Having a little trip down from North East does anyone have any recommendations for the area?


----------



## batfink (Feb 28, 2015)

I haven't tried it yet but Tambourine Coffee in Saltaire recently opened. Their coffee is sourced from my favourite roaster - North Star Coffee.

Alternatively, Otley is a short drive away where Bloomfield Square do a good coffee.

Bradford City Centre is severely lacking in quality coffee, although Esquire's is the best of the chains available.


----------



## Jez H (Apr 4, 2015)

Iconic Salts Mill are now, finally, using decent coffee beans. Dark Woods I think they said? In Otley you also have Salami & Co who are using the North Star Guatemalan at the minute. Had a V60 yesterday. Very nice.
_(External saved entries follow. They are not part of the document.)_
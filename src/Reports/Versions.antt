-- ===== src/Reports/Versions.antt =====
-- packages/domain/src/reports.ts: what `questionVersionIssues` without an issue establishes.
use interview_agent.Common.{
  ℕ, ◌≤◌, ◌≡◌, refl, ap, sym, ◌∙◌, true, ◌==◌, ==→eq, not, if◌then◌else◌, is_some, some, List, [],
  ◌∷◌, ◌++◌, any, count_if, All, Text, text_eq, text_eq_sound, text_eq_refl, arith, inl, inr,
  Bool-cases, Option-cases, get, set, get-set, Entries, Entries-get, ◌||◌,
}
use interview_agent.Reports.{
  ReportQuestionFeedback, ReportQuestionVersion, ReportSnapshot, at_question_versions,
  extra_question_version, mismatched_question_version,
}
use interview_agent.Reports.Questions.{issue_if}
use interview_agent.Reports.Snapshots.{
  questions_by_id, versions_by_id, versions_or_none, version_issue, version_issues, extra_issues,
  question_version_issues,
}
use interview_agent.Reports.Counts.{none_of, issue_if-none, text-IsEquality}

-- The versions that a snapshot names for an identifier.
unfoldable pub versions_of : List ReportQuestionVersion → Text → List ℕ
versions_of [] id = []
versions_of (v ∷ vs) id =
    let rest = versions_of vs id in
    if text_eq v.question_id id then v.question_version ∷ rest else rest

append_assoc {ℓ} : {A : Type ℓ} (xs ys zs : List A) → (xs ++ ys) ++ zs ≡ xs ++ (ys ++ zs)
append_assoc [] ys zs = refl
append_assoc (x ∷ xs) ys zs = ap (λ z. x ∷ z) (append_assoc xs ys zs)

append_nil {ℓ} : {A : Type ℓ} (xs : List A) → xs ++ [] ≡ xs
append_nil [] = refl
append_nil (x ∷ xs) = ap (λ z. x ∷ z) (append_nil xs)

versions_by_id-versions_of :
    (m : List (Text × List ℕ)) (vs : List ReportQuestionVersion) (id : Text)
    → versions_or_none (get text_eq (versions_by_id m vs) id)
      ≡ versions_or_none (get text_eq m id) ++ versions_of vs id
unfolding versions_by_id versions_of
versions_by_id-versions_of m [] id = sym (append_nil _)
versions_by_id-versions_of m (v ∷ vs) id =
    let before = versions_or_none (get text_eq m v.question_id) in
    let ih =
      versions_by_id-versions_of (set text_eq m v.question_id (before ++ v.question_version ∷ []))
        vs id in
    let step =
      get-set text_eq m v.question_id (before ++ v.question_version ∷ []) id text-IsEquality in
    elim (Bool-cases (text_eq v.question_id id)) [
      | inl e ↦ ground (
        arith,
        ih,
        step,
        ap (get text_eq m) (text_eq_sound v.question_id id e),
        append_assoc (versions_or_none (get text_eq m id)) (v.question_version ∷ [])
            (versions_of vs id),
        append_assoc before (v.question_version ∷ []) (versions_of vs id),
      )
      | inr e ↦ ground (arith, ih, step)
    ]

questions_by_id-absent :
    (m : List (Text × ℕ)) (qs : List ReportQuestionFeedback) (id : Text)
    → count_if (λ q. text_eq q.question_id id) qs ≡ 0
    → get text_eq (questions_by_id m qs) id ≡ get text_eq m id
unfolding questions_by_id count_if
questions_by_id-absent m [] id h = refl
questions_by_id-absent m (q ∷ qs) id h =
    let step = get-set text_eq m q.question_id q.question_version id text-IsEquality in
    let ih = questions_by_id-absent (set text_eq m q.question_id q.question_version) qs id in
    ground (arith, step, ih)

questions_by_id-known :
    (m : List (Text × ℕ)) (qs : List ReportQuestionFeedback) (id : Text)
    → is_some (get text_eq (questions_by_id m qs) id)
      ≡ (is_some (get text_eq m id) || any (λ q. text_eq q.question_id id) qs)
unfolding questions_by_id any
questions_by_id-known m [] id = ground arith
questions_by_id-known m (q ∷ qs) id =
    let step = get-set text_eq m q.question_id q.question_version id text-IsEquality in
    let ih = questions_by_id-known (set text_eq m q.question_id q.question_version) qs id in
    ground (arith, step, ih)

questions_by_id-each :
    (m : List (Text × ℕ)) (qs : List ReportQuestionFeedback)
    → ((id : Text) → count_if (λ q. text_eq q.question_id id) qs ≤ 1)
    → All (λ q. get text_eq (questions_by_id m qs) q.question_id ≡ some q.question_version) qs
unfolding questions_by_id count_if
questions_by_id-each m [] once = tt
questions_by_id-each m (q ∷ qs) once =
    let m' = set text_eq m q.question_id q.question_version in
    let step = get-set text_eq m q.question_id q.question_version q.question_id text-IsEquality in
    let alone : count_if (λ p. text_eq p.question_id q.question_id) qs ≡ 0 =
      ground (arith, once q.question_id, text_eq_refl q.question_id) in
    (
      questions_by_id-absent m' qs q.question_id alone
          ∙ ground (arith, step, text_eq_refl q.question_id),
      questions_by_id-each m' qs (λ id. ground (arith, once id)),
    )

versions_by_id-known :
    (m : List (Text × List ℕ)) (vs : List ReportQuestionVersion) (id : Text)
    → is_some (get text_eq (versions_by_id m vs) id)
      ≡ (is_some (get text_eq m id) || any (λ v. text_eq v.question_id id) vs)
unfolding versions_by_id any
versions_by_id-known m [] id = ground arith
versions_by_id-known m (v ∷ vs) id =
    let before = versions_or_none (get text_eq m v.question_id) in
    let step =
      get-set text_eq m v.question_id (before ++ v.question_version ∷ []) id text-IsEquality in
    let ih =
      versions_by_id-known (set text_eq m v.question_id (before ++ v.question_version ∷ [])) vs
        id in
    ground (arith, step, ih)

version_issue-none : (n : ℕ) (vs : List ℕ) → version_issue n vs ≡ [] → vs ≡ n ∷ []
version_issue-none n [] h = absurd (ground arith)
version_issue-none n (v ∷ []) h =
    ap (λ z. z ∷ [])
      (==→eq v n (
        ground
          (arith, issue_if-none (not (v == n)) at_question_versions mismatched_question_version h)))
version_issue-none n (v ∷ w ∷ vs) h = absurd (ground arith)

version_issues-none :
    (m : List (Text × List ℕ)) (es : List (Text × ℕ))
    → version_issues m es ≡ []
    → Entries (λ id n. versions_or_none (get text_eq m id) ≡ n ∷ []) es
unfolding version_issues
version_issues-none m [] h = tt
version_issues-none m ((id, n) ∷ es) h =
    let (first, rest) =
      none_of (version_issue n (versions_or_none (get text_eq m id))) (version_issues m es) h in
    (
      version_issue-none n (versions_or_none (get text_eq m id)) first,
      version_issues-none m es rest,
    )

extra_issues-none :
    (m : List (Text × ℕ)) (es : List (Text × List ℕ))
    → extra_issues m es ≡ []
    → Entries (λ id vs. is_some (get text_eq m id) ≡ true) es
unfolding extra_issues
extra_issues-none m [] h = tt
extra_issues-none m ((id, vs) ∷ es) h =
    let extra =
      issue_if (not (is_some (get text_eq m id))) at_question_versions extra_question_version in
    let (first, rest) = none_of extra (extra_issues m es) h in
    (
      ground (
        arith,
        issue_if-none (not (is_some (get text_eq m id))) at_question_versions extra_question_version
            first,
      ),
      extra_issues-none m es rest,
    )

map_All {ℓ κ μ} :
    {A : Type ℓ} (P : A → Type κ) (Q : A → Type μ) (xs : List A)
    → ((x : A) → P x → Q x)
    → All P xs
    → All Q xs
map_All P Q [] f all = tt
map_All P Q (x ∷ xs) f (here, all) = (f x here, map_All P Q xs f all)

pub question_version_issues-none :
    (s : ReportSnapshot)
    → ((id : Text) → count_if (λ q. text_eq q.question_id id) s.questions ≤ 1)
    → question_version_issues s ≡ []
    → All (λ q. versions_of s.question_versions q.question_id ≡ q.question_version ∷ []) s.questions
      × ((id : Text)
          → any (λ v. text_eq v.question_id id) s.question_versions ≡ true
          → any (λ q. text_eq q.question_id id) s.questions ≡ true)
unfolding question_version_issues get
question_version_issues-none s once h =
    let questions = questions_by_id [] s.questions in
    let versions = versions_by_id [] s.question_versions in
    let (mismatches, extras) =
      none_of (version_issues versions questions) (extra_issues questions versions) h in
    let exact = version_issues-none versions questions mismatches in
    let known = extra_issues-none questions versions extras in
    (
      map_All (λ q. get text_eq questions q.question_id ≡ some q.question_version)
          (λ q. versions_of s.question_versions q.question_id ≡ q.question_version ∷ []) s.questions
          (λ q found.
            sym (versions_by_id-versions_of [] s.question_versions q.question_id)
            ∙ Entries-get text_eq (λ id n. versions_or_none (get text_eq versions id) ≡ n ∷ [])
                questions q.question_id text-IsEquality exact found)
          (questions_by_id-each [] s.questions once),
      λ id has_version. elim (Option-cases (get text_eq versions id)) [
        | inl e ↦
            absurd (ground (arith, versions_by_id-known [] s.question_versions id, has_version, e))
        | inr (vs, e) ↦
            sym (questions_by_id-known [] s.questions id)
            ∙ Entries-get text_eq (λ id vs. is_some (get text_eq questions id) ≡ true) versions id
                text-IsEquality known e
      ],
    )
I work in Saltaire, never heard of Tambourine Coffee! Need to track them down.


----------



## 4515 (Jan 30, 2013)

North Star posted a couple of pics of Tambourine today on Facebook


----------



## batfink (Feb 28, 2015)

Only just opened, I think. It was the North Star post on Facebook that made me aware of it.


----------



## Dean4travel (Feb 18, 2017)

Interesting tried some of North Stars coffee 10 dats ago after visiting the roasters cheers


----------



## Casa_Espresso (Dec 2, 2011)

Jez Salami & Co serve a bespoke espresso blend roasted by us, and a single origin from Maude on batch filter



Jez H said:


> Iconic Salts Mill are now, finally, using decent coffee beans. Dark Woods I think they said? In Otley you also have Salami & Co who are using the North Star Guatemalan at the minute. Had a V60 yesterday. Very nice.
> 
> I work in Saltaire, never heard of Tambourine Coffee! Need to track them down.


----------



## Casa_Espresso (Dec 2, 2011)

We would be happy to show you round the roastery if you are visiting



Dean4travel said:


> Having a little trip down from North East does anyone have any recommendations for the area?


----------



## Jez H (Apr 4, 2015)

Casa_Espresso said:


> Jez Salami & Co serve a bespoke espresso blend roasted by us, and a single origin from Maude on batch filter


apologies, I thought he said North Star!


----------



## JollyBeanRoastery (Dec 1, 2015)

Dean4travel said:


> Having a little trip down from North East does anyone have any recommendations for the area?


Hello!

As mentioned above Tambourine Coffee would be a great place to start! They opened their doors last week towards the top of Saltaire on Bingley Road and have North Star on espresso along with a small menu of tasty goodness. Not strictly coffee related but here's some of my picks for Saltaire:



*Curryosity *- Bingley Road again, a new curry restaurant, small and cafe like inside but different and interesting indian food, very very good,


*Salts Mill* - Hockney, the Canteen, a great home shop (has a few interesting bits of Chemex merch for sale, such as cork coasters and pin badges) and one of the best book shops going,


*Victoria Hall* - Depending on when you're going, this might have an event on, this week is a CAMRA festival for instance,


*Cap & Collar* - A great craft beer bar, small inside but good selection of beers,


*All Terrain Cycles *- If you like bikes (bike and coffee people seem to go together), a nice mountain and road bike shop next to the Mill, a lot of Orange in stock and worth a nosey,


*The Boathouse* - If the weather is good, nice for a pint by the water and overlooking the park,


*The Hop *- Another great pup with good pizza,


*General sight seeing *- Roberts Park is worth a wander, as is seeing the church and weather permitting a walk along the canal into Hirst wood


Hope the above is of some use, we live right in the village and these would be some of my picks for a day. Have a good time:good:

Joel



*Save**Save*
​


----------



## Jez H (Apr 4, 2015)

So my son has his "theory driving test" on the 30th of December in Bradford & I thought I'd go along for moral support. Is it still impossible to get a single origin coffee in the city centre?


----------